■ WHAT THE EXERCISE ASKS
Every line in the records below between the one holding "then (record s'" and the one holding "unfoldable pub send_cut", inclusive, is to be set down exactly; all other lines are to be left out.

SUPPLIED RECORDS Block Start

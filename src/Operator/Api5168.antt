-- ===== src/Operator/Api5168.antt =====
-- sms5168protocol.h: CSMS5168Protocol, over the operator's library of gw5168.h. `Run` logs in and
-- receives; `Send`, which the storage calls from a signal handler, submits a message.
pub mod Submission
pub mod Connection
use aka_smsd.Common.{
  ℕ, zero, suc, ◌+◌, ◌*◌, ◌%◌, ◌^◌, Bool, true, false, ◌||◌, List, [], ◌∷◌, ltb, ◌==◌,
  if◌then◌else◌, length, take,
}
use aka_smsd.Common.Int.{ℤ, pos, negsuc, leb_ℤ}
use aka_smsd.Common.Text.{codes, c_str}
use aka_smsd.Common.Code
use aka_smsd.Sms.{SmsMessage, sms_message_size}
use aka_smsd.Gateway.World.{Outcome, done, exited, fault}
use aka_smsd.Gateway.Message.{signed32}

-- `struct CResp`: the id of the command, and the members of the union that are read.
pub record Resp : Type 0 where
  pub cmd_id : ℕ
  pub login_result : ℕ
  pub mobile : List ℕ
  pub dst_num : List ℕ
  pub msg : List ℕ

-- The arguments of `apiSend` that vary.
pub record Submit : Type 0 where
  pub msg_id : ℕ
  pub mobile : List ℕ
  pub service_id : List ℕ
  pub src_term : List ℕ
  pub fee_term : List ℕ
  pub msg : List ℕ
  pub msg_len : ℕ

-- The library and the clock, which go on from call to call, the storage and the log.
pub record Api : Type 1 where
  pub World : Type 0
  pub Disk : Type 0
  pub Log : Type 0
  pub time : World → ℕ
  pub sleep : ℕ → World → World
  pub login : World → World × ℕ
  pub recv : World → World × ℕ × Resp
  pub send : World → Submit → World × ℕ
  pub active : World → World × ℕ
  pub stop : World → World
  pub write_sms : Disk → List ℕ → List ℕ → SmsMessage → Disk × ℤ
  pub log_it : Log → SmsMessage → ℕ → Log

pub record Gw5168 (api : Api) : Type 0 where
  pub connected : Bool
  pub last_rcv_time : ℕ
  pub last_send_time : ℕ
  pub serial : ℕ
  pub world : api.World
  pub disk : api.Disk
  pub log : api.Log

-- The last characters of a message are cut off. `len` is an `int`, made from a DWORD.
abbrev pub max_msg_len : ℕ
max_msg_len = 159

abbrev pub cut_len : ℤ → ℤ
cut_len len = if leb_ℤ len (pos max_msg_len) then len else pos max_msg_len

abbrev pub waittime : ℕ
waittime = 100000

-- `DELIVERY` of gw5168.h.
abbrev pub delivery : ℕ
delivery = 5

-- `convertMsgFormat`, which takes every message.
unfoldable pub convert_msg_format : ℕ → Resp → SmsMessage
convert_msg_format now resp = record {
  length = sms_message_size + length (c_str resp.msg);
  sender_number = take 16 (c_str resp.mobile);
  target_number = take 16 (c_str resp.dst_num);
  fee_type = pos 0;
  fee_target_number = [];
  child_code = [];
  parent_id = codes "5168";
  sms_type = pos 0;
  send_time = 0;
  arrive_time = now;
  service_code = [];
  fee_money = pos 0;
  body_length = length (c_str resp.msg);
  body = c_str resp.msg;
}

-- How a round of the loop over `apiRecv` ends.
pub data RoundEnd : Type 0 where
  again lost : RoundEnd

module _ (api : Api) where
  -- The constructor; the two times are not set before the first login.
  abbrev pub new_protocol : ℕ → ℕ → api.World → api.Disk → api.Log → Gw5168 api
  new_protocol rcv_garbage send_garbage world disk log = record {
    connected = false;
    last_rcv_time = rcv_garbage;
    last_send_time = send_garbage;
    serial = 0;
    world = world;
    disk = disk;
    log = log;
  }

  unfoldable pub submit_of : Gw5168 api → SmsMessage → ℕ → Submit
  submit_of s msg len = record {
    msg_id = s.serial;
    mobile = msg.target_number;
    service_id = msg.service_code;
    src_term = msg.sender_number;
    fee_term = msg.fee_target_number;
    msg = take len msg.body;
    msg_len = len;
  }

  unfoldable pub after_send : Gw5168 api → SmsMessage → api.World × ℕ → Gw5168 api × ℤ
  after_send s msg (world', ret_code) =
      let s' : Gw5168 api = record s { serial = (s.serial + 1) % 2 ^ 32; world = world' } in
      if ret_code == 0
      then (record s' { log = api.log_it s.log msg (api.time world') }, Code.success)
      else (s', Code.failed)

  -- A negative length is the size of a `memcpy`.
  unfoldable pub send_cut : SmsMessage → Gw5168 api → ℤ → Outcome (Gw5168 api × ℤ)
  unfolding submit_of after_send
  send_cut msg s (negsuc n) = fault
  send_cut msg s (pos len) = done (after_send s msg (api.send s.world (submit_of s msg len)))

  unfoldable pub send : SmsMessage → Gw5168 api → Outcome (Gw5168 api × ℤ)
  unfolding send_cut
  send msg s =
      if s.connected
      then send_cut msg s (cut_len (signed32 msg.body_length))
      else done (s, Code.failed)

  -- `process`; what the storage answers is not looked at.
  unfoldable pub process : Resp → Gw5168 api → Gw5168 api
  unfolding convert_msg_format
  process resp s =
      if resp.cmd_id == delivery
      then (let msg = convert_msg_format (api.time s.world) resp in
          record s { disk = (api.write_sms s.disk msg.sender_number msg.target_number msg).0 })
      else s

  -- One round of the loop of the login.
  unfoldable pub login_answer : Gw5168 api → api.World × ℕ × Resp → Gw5168 api × Bool
  login_answer s (world', ret_code, resp) =
      if ret_code == 0
      then if resp.login_result == 0
        then (record s { connected = true; world = world' }, true)
        else (record s { world = api.sleep 10 (api.stop world') }, false)
      else (record s { world = api.sleep 10 (api.stop world') }, false)

  unfoldable pub after_login : Gw5168 api → api.World × ℕ → Gw5168 api × Bool
  after_login s (world', ret_code) =
      if ret_code == 0
      then login_answer s (api.recv world')
      else (record s { world = api.sleep 10 (api.stop world') }, false)

  unfoldable pub login_once : Gw5168 api → Gw5168 api × Bool
  unfolding login_answer after_login
  login_once s = after_login s (api.login s.world)

  -- `OnNotify`, which passes the messages that wait to `Send`, one after the other.
  unfoldable pub send_all : List SmsMessage → Gw5168 api → Outcome (Gw5168 api)
  send_all [] s = done s
  send_all (msg ∷ msgs) s = elim (send msg s) [
    | done (s', _) ↦ send_all msgs s'
    | exited ↦ exited
    | fault ↦ fault
  ]

  unfoldable pub on_login : List SmsMessage → Gw5168 api → Outcome (Gw5168 api)
  unfolding send_all
  on_login waiting s =
      send_all waiting
        (record s { last_rcv_time = api.time s.world; last_send_time = api.time s.world })

  -- The end of a round in which nothing was received, after the keep-alive.
  unfoldable pub check_silence : Gw5168 api → ℕ → Gw5168 api × RoundEnd
  check_silence s now =
      if ltb (s.last_rcv_time + 3 * waittime) now
      then (record s { connected = false; last_send_time = api.time s.world }, lost)
      else (record s { last_send_time = api.time s.world }, again)

  unfoldable pub after_active : Gw5168 api → ℕ → api.World × ℕ → Gw5168 api × RoundEnd
  after_active s now (world', ret_code) =
      if ret_code == 0
      then check_silence (record s { world = world' }) now
      else (record s { connected = false; world = world' }, lost)

  unfoldable pub keep_alive : Gw5168 api → ℕ → Gw5168 api × RoundEnd
  unfolding check_silence after_active
  keep_alive s now =
      if ltb (s.last_send_time + waittime) now
      then after_active s now (api.active s.world)
      else check_silence s now

  -- The `break` of the cases 1 and 4 leaves the `switch` only.
  unfoldable pub after_recv : Gw5168 api → api.World × ℕ × Resp → Gw5168 api × RoundEnd
  unfolding process keep_alive
  after_recv s (world', ret_code, resp) =
      if ret_code == 0
      then (process resp (record s { world = world'; last_rcv_time = api.time world' }), again)
      else if ret_code == 1 || ret_code == 4
      then keep_alive (record s { world = world'; connected = false }) (api.time world')
      else keep_alive (record s { world = world' }) (api.time world')

  unfoldable pub receive_once : Gw5168 api → Gw5168 api × RoundEnd
  unfolding after_recv
  receive_once s = after_recv s (api.recv s.world)

  abbrev close_lost : Gw5168 api → Gw5168 api
  close_lost s = record s { world = api.stop s.world }

  -- At most this many rounds; the loop is left when the connection is given up.
  unfoldable pub receive : ℕ → Gw5168 api → Gw5168 api × RoundEnd
  unfolding receive_once
  receive zero s = (s, again)
  receive (suc rounds) s =
      let (s', end) = receive_once s in
      elim end [ lost ↦ (close_lost s', lost) | again ↦ receive rounds s' ]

SUPPLIED RECORDS Block End

■ REPLY
      then (record s' { log = api.log_it s.log msg (api.time world') }, Code.success)
      else (s', Code.failed)

  -- A negative length is the size of a `memcpy`.
  unfoldable pub send_cut : SmsMessage → Gw5168 api → ℤ → Outcome (Gw5168 api × ℤ)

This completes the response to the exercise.